**ACTIVITY**
Tally the lines of the data that include the word "where". Only the number is to be returned.

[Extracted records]

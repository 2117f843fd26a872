-- ===== src/Routing/Yen/Count.antt =====
-- How many paths Yen's search returns, and which comes first.
use convergent_routing_analy.Prelude.{
  ℕ, zero, suc, ◌≤◌, ◌<◌, ◌≡◌, ◌∙◌, sym, subst, pos, List, [], ◌∷◌, ◌++◌, Option, none, some,
  length, in_range-pos, Bool-cases, inl, inr, arith, ◌==◌, ==_iff,
}
use mathlib.Core.List.{append_assoc, append-nil}
use convergent_routing_analy.Float.{Float64, Laws, of_nat}
use convergent_routing_analy.Domain.{NodeId}
use convergent_routing_analy.Graph.{Graph, IsGraph}
use convergent_routing_analy.Heap.{pop}
use convergent_routing_analy.Routing.Dijkstra.{
  WeightFunc, Scratch, Answer, found, unreachable, exhausted, new_dijkstra_scratch,
}
use convergent_routing_analy.Routing.Dijkstra.Walks.{Walk, here, Solves, NonNegWeight}
use convergent_routing_analy.Routing.Dijkstra.Frontier.{Walk-nonneg}
use convergent_routing_analy.Routing.Dijkstra.Correct.{dijkstra_scratch-Solves}
use convergent_routing_analy.Routing.FanOut.Buffer.{new_dijkstra_scratch-Even}
use convergent_routing_analy.Routing.Multipath.{KPath}
use convergent_routing_analy.Routing.Yen.{
  Yen, CandidatePath, no_candidate, candidate_less, spurs, last_accepted, yen_rounds, from_first,
  k_shortest_paths,
}

module _ ⦃f : Float64⦄ (g : Graph) (dst : NodeId) (weight : WeightFunc) where
  -- The rounds keep what was accepted and add at most one path each.
  yen_rounds_lem :
      (left : ℕ) (accepted : List KPath) (y : Yen)
      → (more : List KPath) × (yen_rounds g dst weight left accepted y ≡ accepted ++ more)
        × (length more ≤ left)
  unfolding yen_rounds
  yen_rounds_lem zero accepted y = ([], sym (append-nil accepted), omega arith)
  yen_rounds_lem (suc left) accepted y =
      after_pop (pop no_candidate candidate_less after.candidates) (λ path rest.
        yen_rounds_lem left (accepted ++ path ∷ []) (record after { candidates = rest }))
    where
      after : Yen
      after =
          spurs g dst weight accepted (last_accepted accepted) (length (last_accepted accepted)) 0
            (record y { root_cost = of_nat 0 })

      after_pop :
          (o : Option (CandidatePath × List CandidatePath))
          → ((path : KPath) (rest : List CandidatePath)
              → (more : List KPath) × (yen_rounds g dst weight left
                    (accepted ++ path ∷ [])
                    (record after { candidates = rest })
                  ≡ (accepted ++ path ∷ []) ++ more)
                × (length more ≤ left))
          → (more : List KPath) × (elim o [
            | none ↦ accepted
            | some (best, rest) ↦
                yen_rounds g dst weight left
                  (accepted ++ record { edges = best.edges; cost = best.cost } ∷ [])
                  (record after { candidates = rest })
          ]
              ≡ accepted ++ more)
            × (length more ≤ suc left)
      after_pop none next = ([], sym (append-nil accepted), omega arith)
      after_pop (some (best, rest)) next =
          let path : KPath = record { edges = best.edges; cost = best.cost } in
          let (more, same, few) = next path rest in
          (path ∷ more, same ∙ append_assoc accepted (path ∷ []) more, omega arith)

module _ ⦃f : Float64⦄ (laws : Laws f) (g : Graph) (ok : IsGraph g) (weight : WeightFunc)
    (w : NonNegWeight g weight) (src dst k : ℕ) where
  -- At most k + 1 paths, the first at least cost, or none where every walk has infinite cost.
  abbrev pub KAnswers : List KPath → Type 0
  KAnswers [] = Solves g weight (pos src) (pos dst) unreachable
  KAnswers (p ∷ ps) = Solves g weight (pos src) (pos dst) (found p.edges p.cost) × (length ps ≤ k)

  from_first_lem :
      (scratch : Scratch) (a : Answer)
      → Solves g weight (pos src) (pos dst) a
      → KAnswers (from_first g (pos src) (pos dst) weight k scratch a)
  unfolding from_first
  from_first_lem scratch unreachable best = best
  from_first_lem scratch exhausted best = elim best [ ]
  from_first_lem scratch (found path cost) best =
      let (more, same, few) = yen_rounds_lem g (pos dst) weight k _ _ in
      subst KAnswers (sym same) (best, few)

  -- Between two nodes of a graph that keeps the port's laws, with non-negative weights:
  -- kShortestPaths of k + 1 paths returns at most that many, of which the first is a walk of exactly
  -- its cost, which is finite and which no walk undercuts; if it returns none, every walk has
  -- infinite cost.
  pub k_shortest_paths-KAnswers :
      src < g.node_count
      → dst < g.node_count
      → KAnswers (k_shortest_paths g (pos src) (pos dst) (pos (suc k)) weight)
  unfolding k_shortest_paths
  k_shortest_paths-KAnswers src_in dst_in = elim (Bool-cases (src == dst)) [
    | inl same ↦
        let e : src ≡ dst = (==_iff src dst).0 same in
        rw
          (
            in_range-pos src g.node_count src_in,
            in_range-pos dst g.node_count dst_in,
            k_shortest_paths,
            same,
          )
          (
            (
              subst (λ z. Walk g weight (pos src) (pos z) [] (of_nat 0)) e here,
              laws.zero-is_inf,
              λ q c walk. Walk-nonneg laws g ok weight w (pos src) walk,
            ),
            omega arith,
          )
    | inr other ↦
        rw
          (
            in_range-pos src g.node_count src_in,
            in_range-pos dst g.node_count dst_in,
            k_shortest_paths,
            other,
          )
          (from_first_lem (new_dijkstra_scratch (pos g.node_count)) _ (
            dijkstra_scratch-Solves laws g ok weight w
              (some (new_dijkstra_scratch (pos g.node_count))) src dst
              (new_dijkstra_scratch-Even g.node_count) src_in dst_in))
  ]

**THE COMPLETED TASK**
4